A number of investors are always looking for angles, tricks, or tips that will provide an edge. One such historical anomaly is stocks of smaller companies, have, over periods of time, provided higher returns than their larger-cap counterparts. Of course, this added return comes at the price of additional volatility, but for aggressive investors, a little more risk for more reward isn’t a major concern.
Conservative investors, however, would likely take umbrage at such an idea. For these individuals, the added risk simply isn’t worth the potential for higher returns. Even so, there are many ways to slice and dice a category of stocks. For example, one could simply limit his or her universe to small caps with low Beta coefficients (a measure of volatility to a broader market index). Although this alone would limit the investment options to stocks that are statistically less volatile than a broad index, it says nothing about the actual companies under consideration.
To get a better grasp of a small company while still leaving plenty of room for variety, dividend yield is another good addition to the screening process. Dividends can’t be faked or taken back, so they are often viewed as providing insight into a company’s finances and management. Although nothing is universal, searching for small company stocks with low Betas and relatively high dividends should create a good starting point for conservative investors desiring some small cap exposure.

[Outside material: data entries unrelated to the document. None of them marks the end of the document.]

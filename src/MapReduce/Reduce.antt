-- ===== src/MapReduce/Reduce.antt =====
-- `MR_reduce` with wordcount's reducer ends, and prints how often each key stands in its partition.
use ostep_projects_finish.Common.{
  ℕ, zero, suc, ◌+◌, ◌≤◌, ◌<◌, ◌≡◌, ◌⊎◌, refl, sym, ap, ap₂, ◌∙◌, subst, true, false, Option, none,
  some, List, [], ◌∷◌, arith, length, drop-drop, get_elem?, drop, drop-cons, get_elem?-none,
  if◌then◌else◌, Bool-cases, inl, inr, str_eq, str_eq→eq, str_eq_refl,
}
use ostep_projects_finish.MapReduce.{
  Bytes, MapData, Part, get_next, count_values, Line, reduce, mr_reduce,
}

-- A key in front of the groups of the pairs behind it.
abbrev pub push_key : Bytes → List Line → List Line
push_key k [] = (k, 1) ∷ []
push_key k ((j, n) ∷ ls) = if str_eq k j then (j, n + 1) ∷ ls else (k, 1) ∷ (j, n) ∷ ls

-- Each group of neighbours with one key, as a line.
abbrev pub groups : List MapData → List Line
groups [] = []
groups (d ∷ ds) = push_key d.key (groups ds)

abbrev leading : Bytes → List MapData → ℕ
leading k [] = 0
leading k (d ∷ ds) = if str_eq d.key k then leading k ds + 1 else 0

abbrev after : Bytes → List MapData → List MapData
after k [] = []
after k (d ∷ ds) = if str_eq d.key k then after k ds else d ∷ ds

str_ne : (s t : Bytes) → str_eq s t ≡ false → str_eq t s ≡ false
str_ne s t h = go (Bool-cases (str_eq t s))
  where
    go : (str_eq t s ≡ true) ⊎ (str_eq t s ≡ false) → str_eq t s ≡ false
    go (inl e) = cc (h, str_eq_refl s, str_eq→eq t s e)
    go (inr e) = e

groups-leading :
    (k : Bytes) (ds : List MapData)
    → push_key k (groups ds) ≡ (k, leading k ds + 1) ∷ groups (after k ds)
groups-leading k [] = refl
groups-leading k (d ∷ ds) = elim (Bool-cases (str_eq d.key k)) [
  | inl e ↦ rw (groups-leading d.key ds, str_eq→eq d.key k e, str_eq_refl k) refl
  | inr e ↦
      rw (groups-leading d.key ds, e, str_ne d.key k e)
        (ap (λ t. (k, 1) ∷ t) (sym (groups-leading d.key ds)))
]

-- A partition at the position `i`.
abbrev at : List MapData → ℕ → Part
at l i = record { data_list = l; part_count = i }

get_next_same :
    (l : List MapData) (i : ℕ) (k : Bytes) (d : MapData) (ds : List MapData)
    → drop i l ≡ d ∷ ds
    → str_eq d.key k ≡ true
    → get_next k (at l i) ≡ (some d.value, at l (i + 1))
unfolding get_next
get_next_same l i k d ds e h = rw ((drop-cons i l d ds e).0, h)

get_next_other :
    (l : List MapData) (i : ℕ) (k : Bytes) (d : MapData) (ds : List MapData)
    → drop i l ≡ d ∷ ds
    → str_eq d.key k ≡ false
    → get_next k (at l i) ≡ (none, at l i)
unfolding get_next
get_next_other l i k d ds e h = rw ((drop-cons i l d ds e).0, h)

get_next_end :
    (l : List MapData) (i : ℕ) (k : Bytes) → drop i l ≡ [] → get_next k (at l i) ≡ (none, at l i)
unfolding get_next
get_next_end l i k e = rw (get_elem?-none i l e)

count_stops :
    (fuel : ℕ) (k : Bytes) (c : ℕ) (p : Part)
    → get_next k p ≡ (none, p)
    → count_values (suc fuel) k c p ≡ some (c, p)
unfolding count_values
count_stops fuel k c p e = rw (e, count_values) (ap (λ r. some (c, r.1)) e)

count_goes_on :
    (fuel : ℕ) (k : Bytes) (c : ℕ) (p q : Part) (v : Bytes)
    → get_next k p ≡ (some v, q)
    → count_values (suc fuel) k c p ≡ count_values fuel k (c + 1) q
unfolding count_values
count_goes_on fuel k c p q v e = rw (e, count_values) (ap (λ r. count_values fuel k (c + 1) r.1) e)

stay :
    (a b : ℕ) (l : List MapData) (i j : ℕ)
    → a ≡ b
    → i ≡ j
    → ◌≡◌ {A = Option (ℕ × Part)} (some (a, at l i)) (some (b, at l j))
stay a b l i j p q = ap₂ (λ x y. some (x, at l y)) p q

-- The reducer takes the pairs with its key, and stops at the first other.
count_values-leading :
    (ds : List MapData) (l : List MapData) (i fuel : ℕ) (k : Bytes) (c : ℕ)
    → drop i l ≡ ds
    → length ds < fuel
    → count_values fuel k c (at l i) ≡ some (c + leading k ds, at l (i + leading k ds))
count_values-leading ds l i zero k c e h = absurd (omega arith)
count_values-leading [] l i (suc fuel) k c e h =
    count_stops fuel k c (at l i) (get_next_end l i k e)
    ∙ stay c (c + 0) l i (i + 0) (omega arith) (omega arith)
count_values-leading (d ∷ ds) l i (suc fuel) k c e h = elim (Bool-cases (str_eq d.key k)) [
  | inl same ↦
      count_goes_on fuel k c (at l i) (at l (i + 1)) d.value (get_next_same l i k d ds e same)
      ∙ count_values-leading ds l (i + 1) fuel k (c + 1) (next e) (omega arith)
      ∙ rw same (stay _ _ l _ _ (omega arith) (omega arith))
  | inr other ↦
      count_stops fuel k c (at l i) (get_next_other l i k d ds e other)
      ∙ rw other (stay _ _ l _ _ (omega arith) (omega arith))
]
  where
    next : drop i l ≡ d ∷ ds → drop (i + 1) l ≡ ds
    next q =
        subst (λ j. drop j l ≡ ds) (let z : suc i ≡ i + 1 = omega arith in z)
          (drop-cons i l d ds q).1

drop-after : (k : Bytes) (ds : List MapData) → drop (leading k ds) ds ≡ after k ds
drop-after k [] = refl
drop-after k (d ∷ ds) = elim (Bool-cases (str_eq d.key k)) [
  | inl e ↦ rw e (
      ap (λ n. drop n (d ∷ ds)) (let z : leading k ds + 1 ≡ suc (leading k ds) = omega arith in z)
      ∙ drop-after k ds)
  | inr e ↦ rw e
]

length-after : (k : Bytes) (ds : List MapData) → length (after k ds) ≤ length ds
length-after k [] = omega arith
length-after k (d ∷ ds) = elim (Bool-cases (str_eq d.key k)) [
  | inl e ↦ rw e (omega (arith, length-after k ds))
  | inr e ↦ rw e (omega arith)
]

reduce_lem :
    (l : List MapData) (i fuel : ℕ) (d : MapData) (ds : List MapData)
    → drop i l ≡ d ∷ ds
    → suc (length ds) < fuel
    → reduce fuel d.key (at l i)
      ≡ some ((d.key, leading d.key ds + 1), at l (i + (leading d.key ds + 1)))
unfolding reduce
reduce_lem l i fuel d ds e h =
    rw (count_values-leading (d ∷ ds) l i fuel d.key 0 e h, reduce, str_eq_refl d.key)
      (ap (λ n. some ((d.key, n), at l (i + (leading d.key ds + 1))))
        (let z : 0 + (leading d.key ds + 1) ≡ leading d.key ds + 1 = omega arith in z))

mr_reduce_end :
    (fuel i : ℕ) (l : List MapData) → drop i l ≡ [] → mr_reduce (suc fuel) (at l i) ≡ some []
unfolding mr_reduce
mr_reduce_end fuel i l e = rw (get_elem?-none i l e)

mr_reduce_step :
    (fuel i : ℕ) (l : List MapData) (d : MapData) (line : Line) (p : Part) (lines : List Line)
    → get_elem? l i ≡ some d
    → reduce (suc fuel) d.key (at l i) ≡ some (line, p)
    → mr_reduce fuel p ≡ some lines
    → mr_reduce (suc fuel) (at l i) ≡ some (line ∷ lines)
unfolding mr_reduce
mr_reduce_step fuel i l d line p lines e r m = rw (e, r, m, mr_reduce)

-- Enough fuel is one more than the pairs that are left.
mr_reduce-groups :
    (fuel : ℕ) (ds l : List MapData) (i : ℕ)
    → drop i l ≡ ds
    → length ds < fuel
    → mr_reduce fuel (at l i) ≡ some (groups ds)
mr_reduce-groups zero ds l i e h = absurd (omega arith)
mr_reduce-groups (suc fuel) [] l i e h = mr_reduce_end fuel i l e
mr_reduce-groups (suc fuel) (d ∷ ds) l i e h =
    mr_reduce_step fuel i l d (d.key, leading d.key ds + 1) (at l (i + (leading d.key ds + 1)))
      (groups (after d.key ds)) (drop-cons i l d ds e).0
      (reduce_lem l i (suc fuel) d ds e (omega arith))
      (mr_reduce-groups fuel (after d.key ds) l (i + (leading d.key ds + 1)) rest
        (omega (arith, length-after d.key ds)))
    ∙ ap some (sym (groups-leading d.key ds))
  where
    rest : drop (i + (leading d.key ds + 1)) l ≡ after d.key ds
    rest =
        ap (λ n. drop n l)
          (let z : i + (leading d.key ds + 1) ≡ suc i + leading d.key ds = omega arith in z)
        ∙ sym (drop-drop (suc i) (leading d.key ds) l)
        ∙ ap (drop (leading d.key ds)) (drop-cons i l d ds e).1
        ∙ drop-after d.key ds

-- `MR_reduce` with wordcount's reducer always ends, one round more than there are pairs being
-- enough, and prints a line for each group of neighbours with one key, with the group's size.
pub mr_reduce_total :
    (l : List MapData)
    → mr_reduce (suc (length l)) (record { data_list = l; part_count = 0 }) ≡ some (groups l)
mr_reduce_total l = mr_reduce-groups (suc (length l)) l l 0 refl (omega arith)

We created such a screen using Value Line’s proprietary online system only to find that including Beta only shortened the list by a few names, suggesting that it didn’t add as much value as we had anticipated. As such, we altered the screen and simply looked for stocks with market caps between $100 million and $1 billion, and dividend yields above 3%. Consequently, the list was a little longer, but it was more varied, allowing for the question, “Is an 8% dividend yield actually worth the risk of a stock that is slightly more volatile than the market?”
Subscribers can replicate this screen using Value Line’s online stock screener, with or without the addition of Beta. Our non-Beta version of this screen turned up high dividend yielding small caps like Hot Topic, Inc. (HOTT) and A. Schulman Inc. (SHLM), offering a collection of risk/reward combinations, as well as solid investment prospects and varying dividend yields.
Hot Topic, Inc.
Hot Topic, Inc. is a mall-based specialty retailer of music-influenced and licensed clothing and accessories. It opened its doors in 1989 and currently operates 630 namesake locations, targeting both males and females between the ages of 12 and 22. The company also has roughly 150 Torrid stores, which sell similar apparel, but cater to plus-size females, ages 15-29. Stores are located in the United States, Puerto Rico, and Canada.
Although most retailers have been having some trouble circumventing the still-tough and uncertain economic environment, the same cannot be said for Hot Topic. The company boasted stellar first-quarter (fiscal year ended April 28th) results in which it posted a better-than-expected gain of $0.10 a share. It lost $0.19 per share in the same period last year. Same-store sales comparisons increased an impressive 7.5%, helping margins improve significantly.
Analyst J. Susan Ferrara believes that the company is well positioned going forward, and expects top- and bottom-line gains to remain solid. She looks for recent merchandise changes to continue to resonate with consumers, while earlier restructuring efforts bear further fruit, pushing margins higher. Longer-term, Ferrara looks for the Torrid franchise to become more significant to results.
The stock is Timely and offers solid appreciation potential out to 2015-2017. However, this issue gains greater appeal when the dividend is factored in. Indeed, HOTT yielded 3.4% at its recent quotation. That said, it should be noted that Ferrara’s full-year earnings estimate barely covers the current dividend. Any merchandising miscues or a prolonged economic downturn could spell trouble for this smaller retailer, despite what looks like a decent balance sheet.
A. Schulman, Inc.
A. Schulman, Inc. sells high performance plastic resins that are used as raw materials in its customers’ manufacturing operations. The company also purchases plastic resins for resale or to formulate proprietary compounds tailored to customer specifications. A Schulman acts as a manufacturer, merchant, and distributor.
Surprisingly, the company disappointed in the fiscal third-quarter (ended May 31st), posting earnings of $0.57 a share, pennies below last year’s mark and 12% lower than analyst Jeremy J. Butler’s expectation. Schulman had recorded a 45% share-net advance in the first half of the year. Sales slipped 7%, to $569.1 million, due to challenging global market conditions, with particular weakness in the Europe, the Middle East, and Africa (70% of revenues).
But nobody really seems too concerned at this time. The stock has actually traded up on news of the slip up and management modestly upped full-year guidance. True, Butler tempered his fourth-quarter and fiscal 2013 estimates to reflect ongoing demand weakness, but he has remained steadfast in his belief that better cost management and ongoing expansion into emerging markets will drive healthy annual earnings gains looking further out.
The current dividend (yields 3.5%) appears safe, too. Despite weakening a bit in recent months, finances remain decent according to Butler. Meanwhile, management reiterated that it expects cash flows to remain sufficient, and that there will be no changes to its current dividend and share-repurchase efforts. The income component adds a nice element to this otherwise fairly-priced offering.
At the time of this article’s writing, the author did not have positions in any of the companies mentioned.